# Wow! Competitions



## polly (Apr 17, 2009)

Hi everyone

Wow you guys are SO creative! Just had a look at the voting thread 

I am trying something similar for my signature and would like to test it out. Could someone please tell me what size the signature picture is allowed to be? And also how to upload it.

How do I qualify to be part of the competitions?


----------



## polly (Apr 17, 2009)

Yeah! My signature is working? Is it too big or too small?

And my two cats are Bonnie and Cleo 

Cleo is the Birman and Bonnie the small tabby! Maybe I should add their names to the signature...mmm


----------



## doodlebug (May 13, 2006)

Your signature size is fine, max allowed is 120 pixels high x 500 wide. Very cute BTW.

Yes, you can participate in any of the contests when they're open for entries. It will be a week or so before there's another graphics contest. There's a photo contest going on in the Lounge that is open for entries until this weekend.

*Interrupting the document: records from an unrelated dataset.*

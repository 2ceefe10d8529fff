-- ===== src/Directory/Serialized.antt =====
-- The serialized form of a directory: `DirEntry::serialize`, `deserializeAndAddToVector` (DirEntry.cpp),
-- `DirEntryList::serialize` and `deserializeFrom` (DirEntryList.cpp). A pointer into a block of memory
-- is the block and an offset; a read or a write outside of the block is undefined. A `timespec` holds
-- its 64 bits as an unsigned number. The loop that reads runs on fuel, and returns `none` without it.
pub mod Cursors
pub mod Written
pub mod ReadEntry
pub mod RoundTrip
use libcryfs.Common.{
  ℕ, zero, suc, ◌+◌, ◌-◌, ◌*◌, ◌%◌, ◌^◌, Bool, true, false, not, ◌&&◌, ◌||◌, Option, none, some,
  List, [], ◌∷◌, ◌++◌, ltb, if◌then◌else◌, length,
}
use libcryfs.Common.Equality.{◌==◌, nat_eq}
use libcryfs.Common.Result.{Result, ok, err, guard, assert_failed, undefined, ◌>>=◌, ◌>>◌}
use libcryfs.Common.Bytes.{Data, BlockId, block_id_length, encode, decode}
use libcryfs.Common.Memory.{add64, write_memory}
use libcryfs.Serialization.Deserializer
use libcryfs.Serialization.Deserializer.{Deserializer, Read}
use libcryfs.Directory.Entry.{
  EntryType, dir, file, symlink, same_type, Time, DirEntry, has_file_flag, has_dir_flag,
  has_symlink_flag, new_entry,
}
use libcryfs.Directory.EntryList.{DirEntryList, less}

-- The block that is written, the pointer `dest` into it, and the offset behind the pointer, which is
-- an `unsigned int`.
pub record Cursor : Type 0 where
  pub dest : ℕ
  pub offset : ℕ
  pub memory : Data

unfoldable pub put : Data → Cursor → Result Cursor
put bytes c = do
  memory ← write_memory c.memory (c.dest + c.offset) bytes
  ok (record { dest = c.dest; offset = (c.offset + length bytes) % 2 ^ 32; memory = memory })

unfoldable pub serialize_uint : ℕ → ℕ → Cursor → Result Cursor
serialize_uint n value = put (encode n value)

abbrev pub serialized_time_value_size : ℕ
serialized_time_value_size = 8 + 4

-- The pointer of a call that is given the pointer and the offset added up.
abbrev pub call_at : Cursor → Cursor
call_at c = record { dest = c.dest + c.offset; offset = 0; memory = c.memory }

-- The cursor of the caller after a call has written `size` bytes.
abbrev pub after_call : Cursor → ℕ → Cursor → Cursor
after_call c size c' = record {
  dest = c.dest;
  offset = (c.offset + size) % 2 ^ 32;
  memory = c'.memory;
}

unfoldable pub serialize_time_value : Time → Cursor → Result Cursor
serialize_time_value value c = do
  c1 ← serialize_uint 8 value.seconds (call_at c)
  c2 ← serialize_uint 4 value.nanoseconds c1
  guard (c2.offset == serialized_time_value_size) assert_failed
  ok (after_call c c2.offset c2)

-- The string and its terminating null byte.
unfoldable pub serialize_string : Data → Cursor → Result Cursor
serialize_string value = put (value ++ 0 ∷ [])

unfoldable pub serialize_block_id : BlockId → Cursor → Result Cursor
serialize_block_id = put

abbrev pub type_number : EntryType → ℕ
type_number dir = 0
type_number file = 1
type_number symlink = 2

-- The condition of the assertion of `serialize`.
abbrev pub has_flag_of_type : EntryType → ℕ → Bool
has_flag_of_type type mode =
    (same_type type file
      && (has_file_flag mode && (not (has_dir_flag mode) && not (has_symlink_flag mode))))
    || (same_type type dir
        && (not (has_file_flag mode) && (has_dir_flag mode && not (has_symlink_flag mode))))
    || (same_type type symlink
        && (not (has_file_flag mode) && (not (has_dir_flag mode) && has_symlink_flag mode)))

abbrev pub serialized_size : DirEntry → ℕ
serialized_size e =
    1 + 4 + 4 + 4 + 3 * serialized_time_value_size + (length e.name + 1) + block_id_length

-- `serialize` at a pointer.
unfoldable pub serialize_entry : DirEntry → Cursor → Result Cursor
serialize_entry e c = do
  guard (has_flag_of_type e.entry_type e.mode) assert_failed
  c1 ← serialize_uint 1 (type_number e.entry_type) c
  c2 ← serialize_uint 4 e.mode c1
  c3 ← serialize_uint 4 e.uid c2
  c4 ← serialize_uint 4 e.gid c3
  c5 ← serialize_time_value e.last_access_time c4
  c6 ← serialize_time_value e.last_modification_time c5
  c7 ← serialize_time_value e.last_metadata_change_time c6
  c8 ← serialize_string e.name c7
  c9 ← serialize_block_id e.block_id c8
  guard (c9.offset == serialized_size e) assert_failed
  ok c9

abbrev pub serialized_list_size : DirEntryList → ℕ
serialized_list_size [] = 0
serialized_list_size (e ∷ es) = add64 (serialized_size e) (serialized_list_size es)

-- Whether there is no entry before, or its block id is smaller.
abbrev pub follows : Option BlockId → BlockId → Bool
follows none block_id = true
follows (some before) block_id = less before block_id

-- The loop of `serialize`, with the block id of the entry before.
unfoldable pub serialize_entries : Option BlockId → DirEntryList → Cursor → Result Cursor
serialize_entries before [] c = ok c
serialize_entries before (e ∷ es) c = do
  guard (follows before e.block_id) assert_failed
  c' ← serialize_entry e (call_at c)
  serialize_entries (some e.block_id) es (after_call c (serialized_size e) c')

unfoldable pub serialize : (ℕ → Data) → DirEntryList → Result Data
serialize allocate es = do
  let memory = allocate (serialized_list_size es)
  c ← serialize_entries none es (record { dest = 0; offset = 0; memory = memory })
  ok c.memory

-- A load of an unsigned number behind a pointer, which is counted up.
unfoldable pub deserialize_uint : ℕ → Read ℕ
deserialize_uint n d = do (bytes, d') ← Deserializer.read_raw n d; ok (decode bytes, d')

unfoldable pub deserialize_time_value : Read Time
deserialize_time_value d = do
  (seconds, d1) ← deserialize_uint 8 d
  (nanoseconds, d2) ← deserialize_uint 4 d1
  ok (record { seconds = seconds; nanoseconds = nanoseconds }, d2)

-- `strlen` does not stop at the end of the block.
unfoldable pub deserialize_string : Read Data
deserialize_string d = elim (Deserializer.read_string d) [
  | err thrown ↦ err undefined
  | ok read ↦ ok read
]

unfoldable pub deserialize_block_id : Read BlockId
deserialize_block_id = Deserializer.read_raw block_id_length

abbrev pub type_of_number : ℕ → Option EntryType
type_of_number n =
    if n == 0 then some dir else if n == 1 then some file else if n == 2 then some symlink else none

-- The constructor asserts that the type is one of the three.
unfoldable pub construct :
    Option EntryType → Data → BlockId → ℕ → ℕ → ℕ → Time → Time → Time → Result DirEntry
construct none name block_id mode uid gid access modification change = err assert_failed
construct (some type) name block_id mode uid gid access modification change =
    new_entry name block_id
      (record {
        entry_type = type;
        mode = mode;
        uid = uid;
        gid = gid;
        last_access_time = access;
        last_modification_time = modification;
      })
      change

unfoldable pub deserialize_entry : Read DirEntry
deserialize_entry d = do
  (type, d1) ← deserialize_uint 1 d
  (mode, d2) ← deserialize_uint 4 d1
  (uid, d3) ← deserialize_uint 4 d2
  (gid, d4) ← deserialize_uint 4 d3
  (access, d5) ← deserialize_time_value d4
  (modification, d6) ← deserialize_time_value d5
  (change, d7) ← deserialize_time_value d6
  (name, d8) ← deserialize_string d7
  (block_id, d9) ← deserialize_block_id d8
  e ← construct (type_of_number type) name block_id mode uid gid access modification change
  ok (e, d9)

-- The loop of `deserializeFrom`, with the block id of the entry before.
unfoldable pub deserialize_entries :
    ℕ → Option BlockId → Deserializer → Option (Result DirEntryList)
deserialize_entries zero before d = none
deserialize_entries (suc fuel) before d = elim (ltb d.pos (length d.source)) [
  | false ↦ some (ok [])
  | true ↦ elim (deserialize_entry d) [
    | err thrown ↦ some (err thrown)
    | ok (e, d') ↦ elim (follows before e.block_id) [
      | false ↦ some (err assert_failed)
      | true ↦ elim (deserialize_entries fuel (some e.block_id) d') [
        | none ↦ none
        | some (err thrown) ↦ some (err thrown)
        | some (ok es) ↦ some (ok (e ∷ es))
      ]
    ]
  ]
]

-- Each round takes a byte or more.
unfoldable pub deserialize_from : Data → Option (Result DirEntryList)
deserialize_from bytes = deserialize_entries (suc (length bytes)) none (Deserializer.new bytes)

viewtopic.php?f=13&t=58168


----------



## polly (Apr 17, 2009)

Thank you!

hehe I changed it again and again... teaching myself a bit of digital scrapbooking, but I am so slow... lol its taking me forever to do the editing.

Thanks for the help. I am not very good at picture taking, so I will wait for the next graphic competition!


----------



## marie73 (Jul 12, 2006)

Yay! Someone else with a Birman!

More pictures, please!


----------